2022, Roos, Michael M., Winkler, Andreas, Nilsen, Madeleine, Menzel, Siegfried B., Strehle, Steffen

Current trends in miniaturized diagnostics indicate an increasing demand for large quantities of mobile devices for health monitoring and point-of-care diagnostics. This comes along with a need for rapid but preferably also green microfabrication. Dry film photoresists (DFPs) promise low-cost and greener microfabrication and can partly or fully replace conventional silicon-technologies being associated with high-energy demands and the intense use of toxic and climate-active chemicals. Due to their mechanical stability and superior film thickness homogeneity, DFPs outperform conventional spin-on photoresists, such as SU-8, especially when three-dimensional architectures are required for micro-analytical devices (e.g. microfluidics). In this study, we utilize the commercial epoxy-based DFP ADEX to demonstrate various application scenarios ranging from the direct modification of microcantilever beams via the assembly of microfluidic channels to lamination-free patterning of DFPs, which employs the DFP directly as a substrate material.
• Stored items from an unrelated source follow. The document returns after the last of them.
-- ===== src/Example/Dex/Snapshots/Arrival.antt =====
-- Chunks that arrive in any order, some of them more than once.
use bapi.Example.Dex.Snapshots.Chunks.{assemble_whole, chunk_count-bounds}
use bapi.Example.Dex.Snapshots.Retry.{get_chunk-put_chunk, get_chunk-receive, sent}
use bapi.Server.{is_some}
use bapi.Types.{SnapshotChunk}
use bapi.Example.Dex.Snapshots.{
  assemble, u32, chunk_count, chunks_from, chunk_size, chunk_at, receive, put_chunk, get_chunk,
  Received,
}
use bapi.Base.{
  All_mono, inl, subst, ◌≤◌, ◌^◌, true, ◌⊎◌, ap, All-Mem, refl, ◌==◌, suc, none, arith, [], ◌∷◌,
  ◌<◌, ◌+◌, ltb, if◌then◌else◌, All, ◌≡◌, some, length, ℕ, List,
}
use bapi.Go.Text.{Bytes}
use mathlib.Core.List.{Mem, not-mem-nil, eq-or-mem_of_mem-cons}
use mathlib.Core.Logic.Or
use native.Mathlib.Bridge.{le_prop}
use bapi.Base.{zero, suc, dec_lt}

-- The chunks of a list are all in another.
abbrev pub Within : List SnapshotChunk → List SnapshotChunk → Type 0
Within xs ys = All (λ c. Mem c ys) xs

abbrev pub Below : ℕ → SnapshotChunk → Type 0
Below n c = c.index < n

-- A chunk of `bytes`, of which there are `n`.
abbrev Genuine : Bytes → ℕ → SnapshotChunk → Type 0
Genuine bytes n c = Below n c × (c.chunk_data ≡ chunk_at bytes c.index)

Genuine-prop : (bytes : Bytes) (n : ℕ) (c : SnapshotChunk) → IsProp (Genuine bytes n c)
Genuine-prop bytes n c = hlevel (le_prop)

All-Within :
    (P : SnapshotChunk → Type 0)
    → ((c : SnapshotChunk) → IsProp (P c))
    → (xs ys : List SnapshotChunk) → Within xs ys
    → All P ys
    → All P xs
All-Within P prop [] ys w h = tt
All-Within P prop (x ∷ xs) ys w h = (All-Mem P prop ys h x w.0, All-Within P prop xs ys w.1 h)

-- Each index has one entry.
Distinct : Received → Type 0
Distinct [] = Unit
Distinct ((j, c) ∷ m) = (get_chunk j m ≡ none) × Distinct m

put-Distinct : (i : ℕ) (b : Bytes) (m : Received) → Distinct m → Distinct (put_chunk i b m)
unfolding Distinct put_chunk get_chunk
put-Distinct i b [] h = (refl, tt)
put-Distinct i b ((j, c) ∷ m) h =
    let same : j ≡ i → get_chunk j m ≡ get_chunk i m = ap (λ n. get_chunk n m) in
    ground (arith, h, put-Distinct i b m h.1, get_chunk-put_chunk j i b m, same)

receive-Distinct : (cs : List SnapshotChunk) (m : Received) → Distinct m → Distinct (receive cs m)
unfolding receive
receive-Distinct [] m h = h
receive-Distinct (c ∷ cs) m h =
    receive-Distinct cs (put_chunk c.index c.chunk_data m) (put-Distinct c.index c.chunk_data m h)

remove : ℕ → Received → Received
remove i [] = []
remove i ((j, c) ∷ m) = let rest = remove i m in if j == i then rest else (j, c) ∷ rest

get_chunk-remove :
    (j i : ℕ) (m : Received) → get_chunk j (remove i m) ≡ (if i == j then none else get_chunk j m)
unfolding get_chunk remove
get_chunk-remove j i [] = ground arith
get_chunk-remove j i ((k, c) ∷ m) = ground (arith, get_chunk-remove j i m)

remove-Distinct : (i : ℕ) (m : Received) → Distinct m → Distinct (remove i m)
unfolding Distinct remove
remove-Distinct i [] h = tt
remove-Distinct i ((j, c) ∷ m) h =
    ground (arith, h, remove-Distinct i m h.1, get_chunk-remove j i m)

length-remove :
    (i : ℕ) (m : Received)
    → Distinct m
    → length m ≡ length (remove i m) + (if is_some (get_chunk i m) then 1 else 0)
unfolding Distinct remove get_chunk
length-remove i [] h = refl
length-remove i ((j, c) ∷ m) h = ground (arith, h, length-remove i m h.1)

-- A map with the indices below `n`, and no others, has `n` entries.
length_full :
    (n : ℕ) (m : Received)
    → Distinct m
    → ((j : ℕ) → is_some (get_chunk j m) ≡ ltb j n)
    → length m ≡ n
unfolding get_chunk
length_full zero [] h f = refl
length_full zero ((j, c) ∷ m) h f = ground (arith, f j)
length_full (suc n) m h f = ground (
  arith,
  f n,
  length-remove n m h,
  length_full n (remove n m) (remove-Distinct n m h)
      (λ j. ground (arith, get_chunk-remove j n m, f j)),
)

-- What has arrived is genuine wherever it is looked up.
get_receive-Genuine :
    (bytes : Bytes) (n : ℕ) (cs : List SnapshotChunk) (m : Received)
    → All (Genuine bytes n) cs
    → ((j : ℕ) → (get_chunk j m ≡ none) ⊎ (get_chunk j m ≡ some (chunk_at bytes j)))
    → (j : ℕ)
    → (get_chunk j (receive cs m) ≡ none) ⊎ (get_chunk j (receive cs m) ≡ some (chunk_at bytes j))
unfolding receive
get_receive-Genuine bytes n [] m h f j = f j
get_receive-Genuine bytes n (c ∷ cs) m h f j =
    get_receive-Genuine bytes n cs (put_chunk c.index c.chunk_data m) h.1
      (λ k.
        let same : c.index ≡ k → chunk_at bytes c.index ≡ chunk_at bytes k = ap (chunk_at bytes) in
        ground (arith, get_chunk-put_chunk k c.index c.chunk_data m, f k, h.0, same))
      j

sent-Below : (n j : ℕ) (cs : List SnapshotChunk) → All (Below n) cs → sent j cs ≡ true → j < n
sent-Below n j [] h s = cc
sent-Below n j (c ∷ cs) h s = ground (arith, h.0, sent-Below n j cs h.1)

-- Where each chunk has an index below `n`, and each index below `n` a chunk, `n` are received.
pub length-receive :
    (n : ℕ) (cs : List SnapshotChunk)
    → All (Below n) cs
    → ((j : ℕ) → j < n → sent j cs ≡ true)
    → length (receive cs []) ≡ n
unfolding get_chunk Distinct
length-receive n cs h f =
    length_full n (receive cs []) (receive-Distinct cs [] tt)
      (λ j. ground (arith, get_chunk-receive j cs [], sent-Below n j cs h, f j))

sent-Mem : (c : SnapshotChunk) (cs : List SnapshotChunk) → Mem c cs → sent c.index cs ≡ true
sent-Mem c [] m = absurd (not-mem-nil m)
sent-Mem c (d ∷ cs) m =
    let prop : IsProp (sent c.index (d ∷ cs) ≡ true) = hlevel in
    Or.elim prop (eq-or-mem_of_mem-cons m)
      (λ e. let same = ap (λ (x : SnapshotChunk). x.index) e in ground (arith, same))
      (λ k. ground (arith, sent-Mem c cs k))

chunks_from-Genuine :
    (bytes : Bytes) (i k n : ℕ) → i + k ≡ n → All (Genuine bytes n) (chunks_from bytes i k)
unfolding chunks_from
chunks_from-Genuine bytes i zero n h = tt
chunks_from-Genuine bytes i (suc k) n h =
    ((omega arith, refl), chunks_from-Genuine bytes (i + 1) k n (omega arith))

-- Every chunk of an export is sent by a list that it is within.
sent-chunks_from :
    (bytes : Bytes) (cs : List SnapshotChunk) (i k j : ℕ)
    → Within (chunks_from bytes i k) cs
    → i ≤ j
    → j < i + k
    → sent j cs ≡ true
unfolding chunks_from
sent-chunks_from bytes cs i zero j w l u = absurd (omega arith)
sent-chunks_from bytes cs i (suc k) j w l u = elim (dec_lt i j) [
  | yes h ↦ sent-chunks_from bytes cs (i + 1) k j w.1 (omega arith) (omega arith)
  | no h ↦
      let e : i ≡ j = omega arith in
      subst (λ n. sent n cs ≡ true) e
        (sent-Mem (record { index = i; chunk_data = chunk_at bytes i }) cs w.0)
]

-- Whatever arrives of the chunks of an export, in any order and any number of times, is the export
-- again once every chunk is there.
pub assemble_arrived :
    (bytes : Bytes) (arrived : List SnapshotChunk)
    → length bytes + chunk_size < 2 ^ 32
    → Within arrived (chunks_from bytes 0 (chunk_count bytes))
    → Within (chunks_from bytes 0 (chunk_count bytes)) arrived
    → let n = chunk_count bytes in
      let m = receive arrived [] in (u32 (length m) ≡ n) × (assemble m 0 n ≡ bytes)
unfolding get_chunk
assemble_arrived bytes arrived h w v =
    let n = chunk_count bytes in
    let m = receive arrived [] in
    let genuine : All (Genuine bytes n) arrived =
      All-Within (Genuine bytes n) (Genuine-prop bytes n) arrived (chunks_from bytes 0 n) w
        (chunks_from-Genuine bytes 0 n n (omega arith)) in
    let all_sent : (j : ℕ) → j < n → sent j arrived ≡ true =
      λ j l. sent-chunks_from bytes arrived 0 n j v (omega arith) (omega (arith, l)) in
    let full =
      length-receive n arrived (All_mono (Genuine bytes n) (Below n) (λ c g. g.0) arrived genuine)
        all_sent in
    let (low, high) = chunk_count-bounds bytes h in
    (
      omega (arith, full, low, high),
      assemble_whole bytes m h (λ j l. ground (
        arith,
        all_sent j l,
        get_chunk-receive j arrived [],
        get_receive-Genuine bytes n arrived [] genuine (λ k. inl refl) j,
      )),
    )
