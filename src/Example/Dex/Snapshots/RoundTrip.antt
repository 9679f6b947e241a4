-- ===== src/Example/Dex/Snapshots/RoundTrip.antt =====
-- A snapshot that one application exports and another imports, and what an import checks.
use bapi.Go.Text.{Bytes}
use bapi.Go.Order.{eq_of_bytes_eq, bytes_eq, bytes_eq_refl}
use bapi.Example.Dex.Snapshots.Arrival.{assemble_arrived, Within}
use bapi.Go.Run.{blocked, panicked, Fallible, Run, returned}
use bapi.Base.{
  by_if, inl, refl, inr, ◌==◌, not, arith, ◌≢◌, ◌⊎◌, ◌^◌, ◌<◌, ◌+◌, [], none, length, some, ◌≡◌,
  List,
}
use bapi.Example.Dex.Chain.{Dex}
use bapi.Types.{Hash, import_ok, SnapshotChunk, ImportResult, SnapshotDescriptor}
use bapi.Example.Dex.Snapshots.{
  install, u32, chunk_count, chunks_from, snapshot_format, receive, chunk_size, assemble,
  descriptor, import_snapshot, export_snapshot,
}
use bapi.Example.Dex.State.{malformed, Decoded, decoded, app_hash, State, World}

-- The result of an import that succeeds.
abbrev pub imported : World → State → ImportResult
imported w s = record {
  status = import_ok;
  app_hash = some (app_hash w s);
  reason = [];
  retry_indices = [];
}

-- The chunks of the exported state.
abbrev pub exported : World → State → List SnapshotChunk
exported w s = let bytes = w.marshal_state s in chunks_from bytes 0 (chunk_count bytes)

-- What ExportSnapshot gives for the current height, ImportSnapshot of another application takes in,
-- in whatever order and however often the chunks arrive, once each of them is there and no other:
-- it reports the application hash of the exported state and makes that state current. This holds
-- where the JSON of the state decodes to it, and is shorter than 2^32 bytes less one chunk.
pub export-import :
    (w : World) (s : State) (giver taker : Dex) (arrived : List SnapshotChunk)
    → giver.current ≡ some s
    → length (w.marshal_state s) + chunk_size < 2 ^ 32
    → w.unmarshal_state (w.marshal_state s) ≡ decoded s
    → Within arrived (exported w s)
    → Within (exported w s) arrived
    → (export_snapshot w s.height snapshot_format giver
        ≡ returned ((exported w s, some (descriptor w s)), none) giver)
      × (import_snapshot w (descriptor w s) arrived taker
          ≡ returned (imported w s, none) (record taker { current = some s }))
unfolding export_snapshot import_snapshot descriptor
export-import w s giver taker arrived c h d own all =
    let bytes = w.marshal_state s in
    let (counted, assembled) = assemble_arrived bytes arrived h own all in
    (ground (arith, c), ground (arith, counted, assembled, bytes_eq_refl (w.sha256 bytes), d))

-- The outcome of an import that put `full` together: success after all checks, or no change.
abbrev pub Checked : World → Bytes → Hash → Dex → Run Dex (Fallible ImportResult) → Type 0
Checked w full hash app (returned (r, e) t) =
    (e ≡ none)
    × (((r.status ≡ import_ok)
          × ((s : State) × (w.unmarshal_state full ≡ decoded s)
              × (w.sha256 full ≡ hash)
              × (r.app_hash ≡ some (app_hash w s))
              × (t ≡ record app { current = some s })))
        ⊎ ((r.status ≢ import_ok) × (t ≡ app)))
Checked w full hash app (panicked e t) = ⊥
Checked w full hash app (blocked t) = ⊥

install-Checked :
    (w : World) (full : Bytes) (hash : Hash) (app : Dex) (d : Decoded State)
    → w.unmarshal_state full ≡ d
    → w.sha256 full ≡ hash
    → Checked w full hash app (install w d app)
unfolding install
install-Checked w full hash app (malformed e) u h = (refl, inr ((λ q. cc), refl))
install-Checked w full hash app (decoded s) u h = (refl, inl (refl, (s, u, h, refl, refl)))

-- An import returns with no error. If it reports success, the chunks put together have the hash of
-- the descriptor, they decode to the state that is now current, and the hash reported is that of
-- this state. If it reports anything else, the application is as before.
pub import_snapshot-Checked :
    (w : World) (desc : SnapshotDescriptor) (chunks : List SnapshotChunk) (app : Dex)
    → Checked w
        (assemble (receive chunks []) 0 desc.chunks)
        desc.hash
        app
        (import_snapshot w desc chunks app)
unfolding import_snapshot
import_snapshot-Checked w desc chunks app =
    let received = receive chunks [] in
    let full = assemble received 0 desc.chunks in
    let P : Run Dex (Fallible ImportResult) → Type 0 = Checked w full desc.hash app in
    by_if P (not (desc.format == snapshot_format)) _ _ (λ h. (refl, inr ((λ q. cc), refl)))
      λ h.
        by_if P (not (u32 (length received) == desc.chunks)) _ _
          (λ h. (refl, inr ((λ q. cc), refl)))
          λ h.
            by_if P (not (bytes_eq (w.sha256 full) desc.hash)) _ _
              (λ h. (refl, inr ((λ q. cc), refl)))
              λ h.
                install-Checked w full desc.hash app _ refl
                  (ground (arith, eq_of_bytes_eq (w.sha256 full) desc.hash))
Finally, kinked, bottom-up grown silicon nanowires were integrated in this manner as prospective ion-sensitive field-effect transistors in a bio-probe architecture directly on ADEX substrates. Hence, we have developed the required set of microfabrication protocols for such an assembly comprising metal thin film deposition, direct burn-in of lithography alignment markers, and polymer patterning on top of the DFP.